Tombstone Transformation Functions
Having shown other systems incorrect, Oster et. al. then go on to describe the Tombstone Transformation Functions, or TTF. In version control parlance, this is a weave (see SimpleWeaveMerge). No characters are ever deleted, but rather they are marked invisible (these invisible characters are the 'tombstones'). Ordering ties are broken by user-ID. They show that this system satisfies TP2 when many other systems do not.
Strengths
Can provably merge correctly.
Weaknesses
Does not mark conflicts at all.
Used by
- A good summary paper is available from INRIA: http://hal.inria.fr/inria-00071213
- The [http://dev.libresource.org/home/doc/so6-user-manual so6 revision control system] (pronounced saucisse)
Related
Operational Transformation theory is related to Darcs theory of patches. Darcs is based on commuting patches:
op1.op2 <-> op2'.op1'
As described in [http://www.abridgegame.org/pipermail/darcs-users/2003/000221.html this thread], this effect can be achieved using the OT transformation operator as long as you can invert an operation. We'll define Inv(op)
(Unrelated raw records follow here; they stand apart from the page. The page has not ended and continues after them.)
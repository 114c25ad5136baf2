-- ===== src/Std/Decimal.antt =====
-- `{}` on numbers: decimal digits, behind a minus sign for a negative number.
use nu_plugin_dns.Prelude.{
  ℕ, ℤ, pos, negsuc, zero, suc, ◌/◌, ◌%◌, String, ◌<>◌, ◌==◌, if◌then◌else◌,
}

digit : ℕ → String
digit n =
    if n == 0
    then "0"
    else if n == 1
    then "1"
    else if n == 2
    then "2"
    else if n == 3
    then "3"
    else if n == 4
    then "4"
    else if n == 5
    then "5"
    else if n == 6
    then "6"
    else if n == 7
    then "7"
    else if n == 8
    then "8"
    else "9"

-- A number has no more digits than `suc n`.
digits_of : ℕ → ℕ → String → String
digits_of zero n tail = tail
digits_of (suc fuel) n tail =
    let longer = digits_of fuel (n / 10) (digit (n % 10) <> tail) in
    if n / 10 == 0 then digit (n % 10) <> tail else longer

unfoldable pub show_ℕ : ℕ → String
unfolding digits_of digit
show_ℕ n = digits_of (suc n) n ""

unfoldable pub show_ℤ : ℤ → String
unfolding show_ℕ
show_ℤ (pos n) = show_ℕ n
show_ℤ (negsuc n) = "-" <> show_ℕ (suc n)
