-- ===== src/Serde/Parse.antt =====
-- The four `TryFrom` conversions of src/dns/serde.rs: record types, classes, protocols and DNSSEC
-- modes, from a value.
pub mod Laws
use nu_plugin_dns.Prelude.{ℕ, ℤ, as_u16, String, ◌<>◌, Option, Bool, str_eq, if◌then◌else◌}
use nu_plugin_dns.Prelude.{ok, err, map_err, ◌>>=◌}
use nu_plugin_dns.Prelude.Outcome.{Res}
use nu_plugin_dns.Nu.{Value, Span, LabeledError, labeled, span_of}
use nu_plugin_dns.Nu.Protocol.{NuProtocol}
use nu_plugin_dns.Std.Decimal.{show_ℕ}
use nu_plugin_dns.Constants.{Protocol}
use nu_plugin_dns.Config.{DnssecMode}
use nu_plugin_dns.Hickory.{Hickory}

module _ (H : Hickory) (N : NuProtocol) where
  qtype_err : Span → String → LabeledError
  qtype_err span e = labeled "invalid record type" ("Error parsing record type: " <> e) span

  -- A code that hickory has no record type for is refused.
  known_type : H.RecordType → Span → Res LabeledError H.RecordType
  unfolding qtype_err
  known_type rtype span = elim (H.unknown_code rtype) [
    | Option.none ↦ ok rtype
    | Option.some r ↦ err (
        labeled "invalid record type" ("Error parsing record type: unknown code: " <> show_ℕ r)
          span)
  ]

  -- `RType::try_from`
  unfoldable pub rtype_try_from : Value → Res LabeledError H.RecordType
  unfolding known_type
  rtype_try_from (Value.string val span) =
      map_err (qtype_err span) (H.record_type_from_str (N.to_uppercase val))
  rtype_try_from (Value.int val span) = known_type (H.record_type_from_u16 (as_u16 val)) span
  rtype_try_from value = err (
      labeled "invalid record type"
        "Invalid type for record type argument. Must be either string or int." (span_of value))

  class_err : Span → String → LabeledError
  class_err span e = labeled "invalid DNS class" ("Error parsing DNS class: " <> e) span

  -- `DNSClass::try_from`
  unfoldable pub class_try_from : Value → Res LabeledError H.DnsClass
  unfolding class_err
  class_try_from (Value.string val span) =
      map_err (class_err span) (H.class_from_str (N.to_uppercase val))
  class_try_from (Value.int val span) = ok (H.class_from_u16 (as_u16 val))
  class_try_from value = err (
      labeled "invalid DNS class"
        "Invalid type for class type argument. Must be either string or int." (span_of value))

-- The arms of the match on the upper-case text.
protocol_of : String → Option Protocol
protocol_of name =
    if str_eq name "UDP"
    then Option.some Protocol.udp
    else if str_eq name "TCP"
    then Option.some Protocol.tcp
    else if str_eq name "TLS"
    then Option.some Protocol.tls
    else if str_eq name "HTTPS"
    then Option.some Protocol.https
    else if str_eq name "QUIC"
    then Option.some Protocol.quic
    else Option.none

mode_of : String → Option DnssecMode
mode_of name =
    if str_eq name "NONE"
    then Option.some DnssecMode.none
    else if str_eq name "STRICT"
    then Option.some DnssecMode.strict
    else if str_eq name "OPPORTUNISTIC"
    then Option.some DnssecMode.opportunistic
    else Option.none

module _ (N : NuProtocol) where
  -- `Protocol::try_from`
  unfoldable pub protocol_try_from : Value → Res LabeledError Protocol
  unfolding protocol_of
  protocol_try_from (Value.string val span) = elim (protocol_of (N.to_uppercase val)) [
    | Option.some p ↦ ok p
    | Option.none ↦ err (
        labeled "invalid protocol" ("Invalid or unsupported protocol: " <> N.to_uppercase val) span)
  ]
  protocol_try_from value = err (labeled "invalid input" "Input must be a string" (span_of value))

  -- `DnssecMode::try_from`
  unfoldable pub mode_try_from : Value → Res LabeledError DnssecMode
  unfolding mode_of
  mode_try_from (Value.string val span) = elim (mode_of (N.to_uppercase val)) [
    | Option.some m ↦ ok m
    | Option.none ↦ err (
        labeled "invalid DNSSEC mode"
          "Invalid DNSSEC mode. Must be one of: none, strict, opportunistic" span)
  ]
  mode_try_from value = err (labeled "invalid input" "Input must be a string" (span_of value))
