-- ===== src/Config/Settings.antt =====
-- The stages of `Config::from_values` in src/dns/config.rs: each turns the value of one flag, or its
-- absence, into a setting.
use nu_plugin_dns.Prelude.{ℕ, pos, negsuc, String, ◌<>◌, List, [], ◌∷◌}
use nu_plugin_dns.Prelude.{Option, none, some, Bool, true, false}
use nu_plugin_dns.Prelude.{ok, err, map_err, map_ok, collect_map}
use nu_plugin_dns.Prelude.Outcome.{Res}
use nu_plugin_dns.Nu.{Value, of_items, Span, span_of, LabeledError, labeled, Spanned, spanned}
use nu_plugin_dns.Nu.Protocol.{NuProtocol}
use nu_plugin_dns.Constants.{Protocol, default_port, default_tasks, default_timeout}
use nu_plugin_dns.Hickory.{Hickory}
use nu_plugin_dns.Config.{DnssecMode, SocketAddr}
use nu_plugin_dns.Serde.Parse.{rtype_try_from, class_try_from, protocol_try_from, mode_try_from}

-- A name server of hickory_resolver's configuration.
pub record NameServer : Type 0 where
  pub socket_addr : SocketAddr
  pub protocol : Protocol

-- What the code asks of the machine: `SocketAddr::from_str`, `IpAddr::from_str` with its error as
-- printed, the name servers of `read_system_conf().unwrap_or_default()`, the first name server of
-- `ResolverConfig::default()`, which has one, and the text of a failed integer conversion.
pub record System : Type 0 where
  pub parse_addr : String → Option SocketAddr
  pub parse_ip : String → Res String String
  pub name_servers : List NameServer
  pub default_server : NameServer
  pub try_from_int_error : String

unfoldable pub needs_tls : Protocol → Bool
needs_tls Protocol.tls = true
needs_tls Protocol.https = true
needs_tls Protocol.quic = true
needs_tls _ = false

-- The `matches!` on the protocol that was asked for.
unfoldable pub needs_dns_name : Option (Spanned Protocol) → Bool
unfolding needs_tls
needs_dns_name none = false
needs_dns_name (some p) = needs_tls p.item

-- `protocol.unwrap_or(d)`
abbrev pub or_default : Option (Spanned Protocol) → Spanned Protocol → Spanned Protocol
or_default (some p) d = p
or_default none d = d

-- No server is given: the first of the system's, or of hickory's default configuration.
unfoldable pub system_server :
    System → List NameServer → Option (Spanned Protocol) → Spanned SocketAddr × Spanned Protocol
system_server sys (ns ∷ _) protocol =
    (spanned ns.socket_addr Span.unknown, spanned ns.protocol Span.unknown)
system_server sys [] protocol =
    let ns = sys.default_server in
    (spanned ns.socket_addr Span.unknown, or_default protocol (spanned ns.protocol Span.unknown))

module _ (H : Hickory) (N : NuProtocol) where
  unfoldable pub protocol_setting : Option Value → Res LabeledError (Option (Spanned Protocol))
  protocol_setting none = ok none
  protocol_setting (some val) =
      map_ok (λ proto. some (spanned proto (span_of val))) (protocol_try_from N val)

  unfoldable pub dns_name_setting : Bool → Option Value → Res LabeledError (Option (Spanned String))
  dns_name_setting needed none = ok none
  dns_name_setting false (some val) = err (
      labeled "invalid config combination" "DNS name only makes sense for TLS, HTTPS, or QUIC"
        (span_of val))
  dns_name_setting true (some val) =
      map_ok (λ name. some (spanned name (span_of val))) (N.into_string val)

  -- `SocketAddr::from_str(s).or_else(|_| IpAddr::from_str(s).map(..)).map_err(..)`
  unfoldable pub server_addr : System → Protocol → String → Span → Res LabeledError SocketAddr
  server_addr sys proto text span = elim (sys.parse_addr text) [
    | some addr ↦ ok addr
    | none ↦
        map_err (λ e. labeled "invalid server" e span)
          (map_ok (λ ip. record { ip = ip; port = default_port proto }) (sys.parse_ip text))
  ]

  unfoldable pub server_setting :
      System
      → Option (Spanned Protocol)
      → Option Value
      → Res LabeledError (Spanned SocketAddr × Spanned Protocol)
  unfolding server_addr system_server
  server_setting sys protocol none = ok (system_server sys sys.name_servers protocol)
  server_setting sys protocol (some (Value.string text span)) =
      let proto = or_default protocol (spanned Protocol.udp Span.unknown) in
      map_ok (λ addr. (spanned addr span, proto)) (server_addr sys proto.item text span)
  server_setting sys protocol (some val) =
      err (labeled "invalid server address" "server address should be a string" (span_of val))

  -- `needs_dns_name && dns_name.is_none()`
  unfoldable pub check_dns_name :
      Bool → Option (Spanned String) → Span → Res LabeledError (Unit {0})
  check_dns_name true none span =
      err (labeled "need DNS name" "protocol needs to be accompanied by --dns-name" span)
  check_dns_name true (some _) span = ok tt
  check_dns_name false _ span = ok tt

  unfoldable pub spanned_type : Value → Res LabeledError (Spanned H.RecordType)
  spanned_type val = map_ok (λ t. spanned t (span_of val)) (rtype_try_from H N val)

  unfoldable pub types_setting :
      Option Value → Res LabeledError (Spanned (List (Spanned H.RecordType)))
  unfolding spanned_type
  types_setting (some (Value.list vals span)) =
      map_ok (λ ts. spanned ts span) (collect_map spanned_type (of_items vals))
  types_setting (some val) = map_ok (λ t. spanned (t ∷ []) (span_of val)) (spanned_type val)
  types_setting none =
      ok (spanned (spanned H.aaaa Span.unknown ∷ spanned H.a Span.unknown ∷ []) Span.unknown)

  unfoldable pub class_setting : Option Value → Res LabeledError (Spanned H.DnsClass)
  class_setting (some val) = map_ok (λ c. spanned c (span_of val)) (class_try_from H N val)
  class_setting none = ok (spanned H.class_in Span.unknown)

  -- Anything but a Boolean counts as false.
  unfoldable pub code_setting : Option Value → Spanned Bool
  code_setting (some (Value.bool b span)) = spanned b span
  code_setting _ = spanned false Span.unknown

  unfoldable pub dnssec_setting : Option Value → Res LabeledError (Spanned DnssecMode)
  dnssec_setting (some val) = map_ok (λ m. spanned m (span_of val)) (mode_try_from N val)
  dnssec_setting none = ok (spanned DnssecMode.opportunistic Span.unknown)

  -- `i64` to `usize`, on a 64-bit machine
  unfoldable pub tasks_setting : System → Option Value → Res LabeledError (Spanned ℕ)
  tasks_setting sys (some (Value.int (pos n) span)) = ok (spanned n span)
  tasks_setting sys (some (Value.int (negsuc n) span)) =
      err (labeled "invalid input" ("should be positive int: " <> sys.try_from_int_error) span)
  tasks_setting sys none = ok (spanned default_tasks Span.unknown)
  tasks_setting sys (some val) =
      err (labeled "should be int" "number of tasks should be an int" (span_of val))

  -- `i64` to `u64`
  unfoldable pub timeout_setting : System → Option Value → Res LabeledError (Spanned ℕ)
  timeout_setting sys (some (Value.duration (pos n) span)) = ok (spanned n span)
  timeout_setting sys (some (Value.duration (negsuc n) span)) =
      err (
        labeled "invalid duration" ("should be positive duration: " <> sys.try_from_int_error) span)
  timeout_setting sys none = ok (spanned default_timeout Span.unknown)
  timeout_setting sys (some val) =
      err (labeled "should be duration" "timeout should be a positive duration" (span_of val))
to be another operation that has the opposite effect of op
. This means that Inv(op).op
is the identity. Inv(op)
is both a left and a right inverse, so op.Inv(op)
is also the identity.
We can then define the commuted op1 and op2, those being op1' and op2', as:
op2' = T(op2, Inv(op1))
op1' = T(op1, op2')
Rather than inverting operators, it is also possible to view this as having an inverse Transformation function, T⁻¹
. Imagine opA
and opB
are parallel ops that need to be merged; then we get opB' = T(opB, opA)
. And then opB = T⁻¹(opB', opA)
. The commutation of op1
and op2
then becomes:
op2' = T-1(op2, op1)
op1' = T(op1, op2')
This paper describes partial T⁻¹
functions for the tombstone transformation operators.